JL: Do you remember any of those songs?
BA: Oh, ya. They are all the old time songs
that we'd sing then over here in the midweek service. All the
JL: Name some of those hymns.
BA: Oh, goodness. I'd have to have a book
to read the titles.
JL: Some of those Russian songs. Do you
know any of those?
BA: No. That was just dance music.
JL: What made you think they were Russian?
BA: Well, my dad said they were Russian.
What did they call them...? Circle dances or something, really
JL: So that was not a German tradition at
BA: No. That was not German. But they told
us that they danced in Russia.
JL: They did?
BA: Yes. But we were not supposed to dance
after we were Baptist.
JL: Took some of the fun away, then?
BA: Oh, we went anyway and we danced at
home. When we had company, and when somebody came along that could
play the accordion. Then my youngest brother played the accordion
from five years old on. He could hardly see over dad's accordion.
He learned to play.
JL: Did some of them have lessons?
BA: Well, the one brother did. Israel, the
second oldest one had lessons to play the organ.
JL: Where did they go to take the lessons?
BA: Well, they had to go to Lehr to a lady
that gave them.
JL: And your mom and dad were willing to
do that? To take time out of their busy lives?

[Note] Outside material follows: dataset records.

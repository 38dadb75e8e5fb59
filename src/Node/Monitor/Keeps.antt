-- ===== src/Node/Monitor/Keeps.antt =====
-- What every step of a reload but the renewal of the limiter leaves as it is: the users and the
-- limits that the controller knows, and its tag.
use ccaa.Base.{
  ℤ, Bool, String, nat_eq, string_eq, int_eq, ◌≡◌, inl, inr, refl, ◌∙◌, [], Option, none, some,
  Assoc, load, store, load-store, ◌==◌, arith, ◌&&◌, Option-cases, beq_refl, Bool-cases, is_some,
}
use ccaa.Panel.Node.{NodeInfo}
use ccaa.Limiter.{Limiter, UserLimitInfo}
use ccaa.Limiter.Rules.{Rules, update_rule, compile_all}
use ccaa.Core.Interface.{Core, Error}
use ccaa.Node.Controller.{Controller, Result, returns, panics, modify_limiter, restart}
use ccaa.Node.Monitor.{
  tls, set_alive, set_rules, set_pull, set_push, set_intervals, serve_users, add_new_node,
  set_up_node,
}

-- The limits that the controller's limiter knows.
abbrev pub limits : {S X B R : Type 0} → Controller S X B R → Assoc String UserLimitInfo
limits c = elim (load c.limiter c.registry.heap) [ none ↦ [] | some l ↦ l.user_limit_info ]

update_rule-limits :
    {X B : Type 0} (compile : String → Option X) (rule : Rules) (l m : Limiter X B)
    → update_rule compile rule l ≡ some m
    → m.user_limit_info ≡ l.user_limit_info
unfolding update_rule
update_rule-limits compile rule l m h = elim (Option-cases (compile_all compile rule.regexp)) [
  | inl e ↦ absurd (ground (arith, e, h))
  | inr (rs, e) ↦ ground (arith, e, h)
]

module _ {S X B R : Type 0} where
  abbrev pub has_limiter : Controller S X B R → Bool
  has_limiter c = is_some (load c.limiter c.registry.heap)

  abbrev pub IsSame : Controller S X B R → Controller S X B R → Type 0
  IsSame c d =
      (d.user_list ≡ c.user_list)
      × (limits d ≡ limits c)
      × (d.tag ≡ c.tag)
      × (has_limiter d ≡ has_limiter c)

  -- Where the body returns.
  abbrev pub Keeps : Controller S X B R → Result (Controller S X B R) → Type 0
  Keeps c panics = Unit
  Keeps c (returns d) = IsSame c d

  pub Keeps-trans :
      (c d : Controller S X B R) (r : Result (Controller S X B R))
      → IsSame c d
      → Keeps d r
      → Keeps c r
  Keeps-trans c d panics s k = tt
  Keeps-trans c d (returns e) (p, q, t, l) (p', q', t', l') = (p' ∙ p, q' ∙ q, t' ∙ t, l' ∙ l)

  pub set_alive-IsSame :
      (alive : Option (Assoc ℤ ℤ)) (c : Controller S X B R) → IsSame c (set_alive alive c)
  unfolding modify_limiter
  set_alive-IsSame none c = (refl, refl, refl, refl)
  set_alive-IsSame (some alive) c = elim (Option-cases (load c.limiter c.registry.heap)) [
    | inl e ↦ (refl, ground (arith, e), refl, ground (arith, e))
    | inr (l, e) ↦
        let put =
          load-store c.limiter c.limiter (record l { alive_list = alive }) c.registry.heap in
        (
          refl,
          ground (arith, e, put, beq_refl c.limiter),
          refl,
          ground (arith, e, put, beq_refl c.limiter),
        )
  ]

  pub set_rules-IsSame :
      (compile : String → Option X) (n : NodeInfo) (c d : Controller S X B R)
      → set_rules compile n c ≡ some d
      → IsSame c d
  unfolding set_rules
  set_rules-IsSame compile n c d h = elim (Option-cases (load c.limiter c.registry.heap)) [
    | inl e ↦
        let same : some c ≡ some d = ground (arith, e, h) in
        (ground (arith, same), ground (arith, same), ground (arith, same), ground (arith, same))
    | inr (l, e) ↦ elim (Option-cases (update_rule compile n.rules l)) [
      | inl f ↦ absurd (ground (arith, e, f, h))
      | inr (m, f) ↦
          let put = record c {
            registry = record c.registry { heap = store c.limiter m c.registry.heap };
          } in
          let same : some put ≡ some d = ground (arith, e, f, h) in
          let stored = load-store c.limiter c.limiter m c.registry.heap in
          (
            ground (arith, same),
            ground (
              arith,
              same,
              e,
              update_rule-limits compile n.rules l m f,
              stored,
              beq_refl c.limiter,
            ),
            ground (arith, same),
            ground (arith, same, e, stored, beq_refl c.limiter),
          )
    ]
  ]

  set_pull-IsSame : (n : NodeInfo) (c d : Controller S X B R) → set_pull n c ≡ some d → IsSame c d
  unfolding set_pull
  set_pull-IsSame n c d h =
      elim (Option-cases (restart n.pull_interval c.node_info_monitor_periodic)) [
        | inl e ↦
            (ground (arith, e, h), ground (arith, e, h), ground (arith, e, h), ground (arith, e, h))
        | inr (t, e) ↦
            (ground (arith, e, h), ground (arith, e, h), ground (arith, e, h), ground (arith, e, h))
      ]

  set_push-IsSame : (n : NodeInfo) (c d : Controller S X B R) → set_push n c ≡ some d → IsSame c d
  unfolding set_push
  set_push-IsSame n c d h = elim (Option-cases (restart n.pull_interval c.user_report_periodic)) [
    | inl e ↦
        (ground (arith, e, h), ground (arith, e, h), ground (arith, e, h), ground (arith, e, h))
    | inr (t, e) ↦
        (ground (arith, e, h), ground (arith, e, h), ground (arith, e, h), ground (arith, e, h))
  ]

  set_intervals-Keeps : (n : NodeInfo) (c : Controller S X B R) → Keeps c (set_intervals n c)
  unfolding set_intervals
  set_intervals-Keeps n c = elim (Option-cases (set_pull n c)) [
    | inl e ↦ rw (e, set_intervals) tt
    | inr (d, e) ↦ elim (Option-cases (set_push n d)) [
      | inl f ↦ rw (e, set_intervals) (rw f tt)
      | inr (g, f) ↦
          rw (e, set_intervals)
            (rw f (Keeps-trans c d (returns g) (set_pull-IsSame n c d e) (set_push-IsSame n d g f)))
    ]
  ]

module _ {S X B R : Type 0} (core : Core S R) where
  add_new_node-Keeps : (n : NodeInfo) (c : Controller S X B R) → Keeps c (add_new_node core n c)
  unfolding add_new_node
  add_new_node-Keeps n c =
      let (s, e) = core.add_node c.tag n c.config.options c.server in
      let (d, f) = serve_users core n c.user_list (record c { server = s }) in
      elim (Option-cases e) [
        | inr (text, p) ↦ rw (p, add_new_node) tt
        | inl p ↦ elim (Option-cases f) [
          | inr (text, q) ↦ rw (p, add_new_node) (rw q (refl, refl, refl, refl))
          | inl q ↦
              rw (p, add_new_node)
                (rw q (
                  Keeps-trans c d (set_intervals n d) (refl, refl, refl, refl)
                    (set_intervals-Keeps n d)))
        ]
      ]

  pub set_up_node-Keeps :
      (compile : String → Option X) (cert : Error) (n : NodeInfo) (c : Controller S X B R)
      → Keeps c (set_up_node core compile cert n c)
  unfolding set_up_node
  set_up_node-Keeps compile cert n c = elim (Option-cases (set_rules compile n c)) [
    | inl e ↦ rw (e, set_up_node) tt
    | inr (d, e) ↦
        let same = set_rules-IsSame compile n c d e in
        elim (Bool-cases (n.security == tls && is_some cert)) [
          | inl p ↦ rw (e, set_up_node) (rw p same)
          | inr p ↦
              rw (e, set_up_node)
                (rw p (Keeps-trans c d (add_new_node core n d) same (add_new_node-Keeps n d)))
        ]
  ]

BA: Yah. Well, he was old enough to go by
himself. Drive the team at that time.
JL: So they encouraged that?
BA: Oh yah. Because they liked music. Oh,
they could really sing, those older people. They sang real nice.

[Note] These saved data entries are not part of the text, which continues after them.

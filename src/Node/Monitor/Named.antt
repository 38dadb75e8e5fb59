-- ===== src/Node/Monitor/Named.antt =====
-- What a reload does to the limiter of a node that has a name in the options.
use ccaa.Base.{
  ℤ, String, nat_eq, string_eq, int_eq, ◌≡◌, ◌≢◌, inl, inr, subst, List, [], Option, Assoc, arith,
  Option-cases,
}
use text.Mathlib.TextEquality.{eq_iff}
use ccaa.Panel.User.{UserInfo}
use ccaa.Panel.Node.{NodeInfo}
use ccaa.Core.Interface.{Core, Error}
use ccaa.Node.Controller.{Controller, returns}
use ccaa.Node.Monitor.{or_old, set_alive, renew_limiter, set_up_node, reload_node}
use ccaa.Node.Monitor.Keeps.{limits, Keeps, Keeps-trans, set_alive-IsSame, set_up_node-Keeps}

module _ {S X B R : Type 0} (core : Core S R) where
  renew_limiter-named :
      (n : NodeInfo) (alive : Option (Assoc ℤ ℤ)) (c : Controller S X B R)
      → c.config.name ≢ ""
      → renew_limiter n alive c ≡ c
  unfolding renew_limiter
  renew_limiter-named n alive c h = ground (arith, eq_iff c.config.name "")

  -- The controller once the old node is deleted.
  abbrev pub begun : NodeInfo → Option (List UserInfo) → Controller S X B R → Controller S X B R
  begun n users c = record c {
    info = n;
    user_list = or_old c.user_list users;
    traffic = [];
    server = (core.del_node c.tag c.server).0;
  }

  reload_node-Keeps :
      (compile : String → Option X) (cert : Error) (n : NodeInfo) (users : Option (List UserInfo))
      (alive : Option (Assoc ℤ ℤ)) (c : Controller S X B R)
      → c.config.name ≢ ""
      → Keeps (begun n users c) (reload_node core compile cert n users alive c)
  unfolding reload_node
  reload_node-Keeps compile cert n users alive c h =
      let d = begun n users c in
      let f = set_alive alive d in
      elim (Option-cases (core.del_node c.tag c.server).1) [
        | inr (text, e) ↦ rw (e, reload_node) tt
        | inl e ↦
            rw (e, reload_node)
              (rw (renew_limiter-named n alive d h) (
                Keeps-trans d f (set_up_node core compile cert n f) (set_alive-IsSame alive d)
                  (set_up_node-Keeps core compile cert n f)))
      ]

  -- Where the node has a name in the options, a reload that returns keeps the panel's new list of
  -- users, but its limiter goes on knowing exactly the limits that it knew before.
  pub reload_node-named :
      (compile : String → Option X) (cert : Error) (n : NodeInfo) (users : Option (List UserInfo))
      (alive : Option (Assoc ℤ ℤ)) (c d : Controller S X B R)
      → c.config.name ≢ ""
      → reload_node core compile cert n users alive c ≡ returns d
      → (d.user_list ≡ or_old c.user_list users) × (limits d ≡ limits c)
  reload_node-named compile cert n users alive c d h r =
      let (same_users, same_limits, _, _) =
        subst (λ x. Keeps (begun n users c) x) r
          (reload_node-Keeps compile cert n users alive c h) in
      (same_users, same_limits)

I always enjoyed music myself.
JL: Do you wish you could have played yourself?
BA: Oh, yes. Many times and even now, I
wish [that]. Now, my other brother Alex, the one next to me, he
learned by himself. He played the mouth organ and then he played
the organ. He had an organ in his later life. He'd sing. I have
some of the tapes of his that [on which] he sang.
JL: Was there more encouragement for the
boys to learn some music than the girls?
BA: Well, it seemed that way. Although one
of my cousins, one of Uncle Conrad's girls, she played the organ
in church. She learned at the same time when my brother went to
JL: Do you remember any folk healing methods
that were used at home? What was used for a doctor in those days?
BA: You were your own doctor. Just put a
warm towel around your neck, rub it with camphor or something.
Whatever you had on hand and put a warm cloth around or lay on
the water bottle. I laid on the water bottle a lot because I always
had earache when I went to school. When it was so cold. My hands
and feet got cold and then I'd have an earache at night.
JL: So that was the remedy and that helped?
BA: That was the remedy and it helped. When
it got warmed up, then I could sleep. Otherwise I would lay there
JL: Did they use any plants for healing?
BA: No. The only thing that I really know
was camomile tea. That's still in use. You can buy that in the
store. You probably bought it, too.
JL: I like it. We always picked it at home.
BA: My sister still has it and you can buy
it in the bag.
JL: It's convenient in the bag. What did
you use it for?
BA: Well, for drinking when we had upset
JL: And besides that, it tasted good, didn't
BA: Yah, it did. But my mother used peppermint.
"Green drops" it was called. It had another name but we bought
it. We bought it sometimes [here]. When White Drug was up here
and there was a guy from Ashley working there. they had it too.
That was good for upset stomach, too.
JL: Are you familiar with "Heilblätter"?
What it is..., it's a leaf from a plant in the garden that was
used by some people for healing.
BA: What would it have been?
JL: I would like to find out. One person
told me about it but she didn't know what the plant is.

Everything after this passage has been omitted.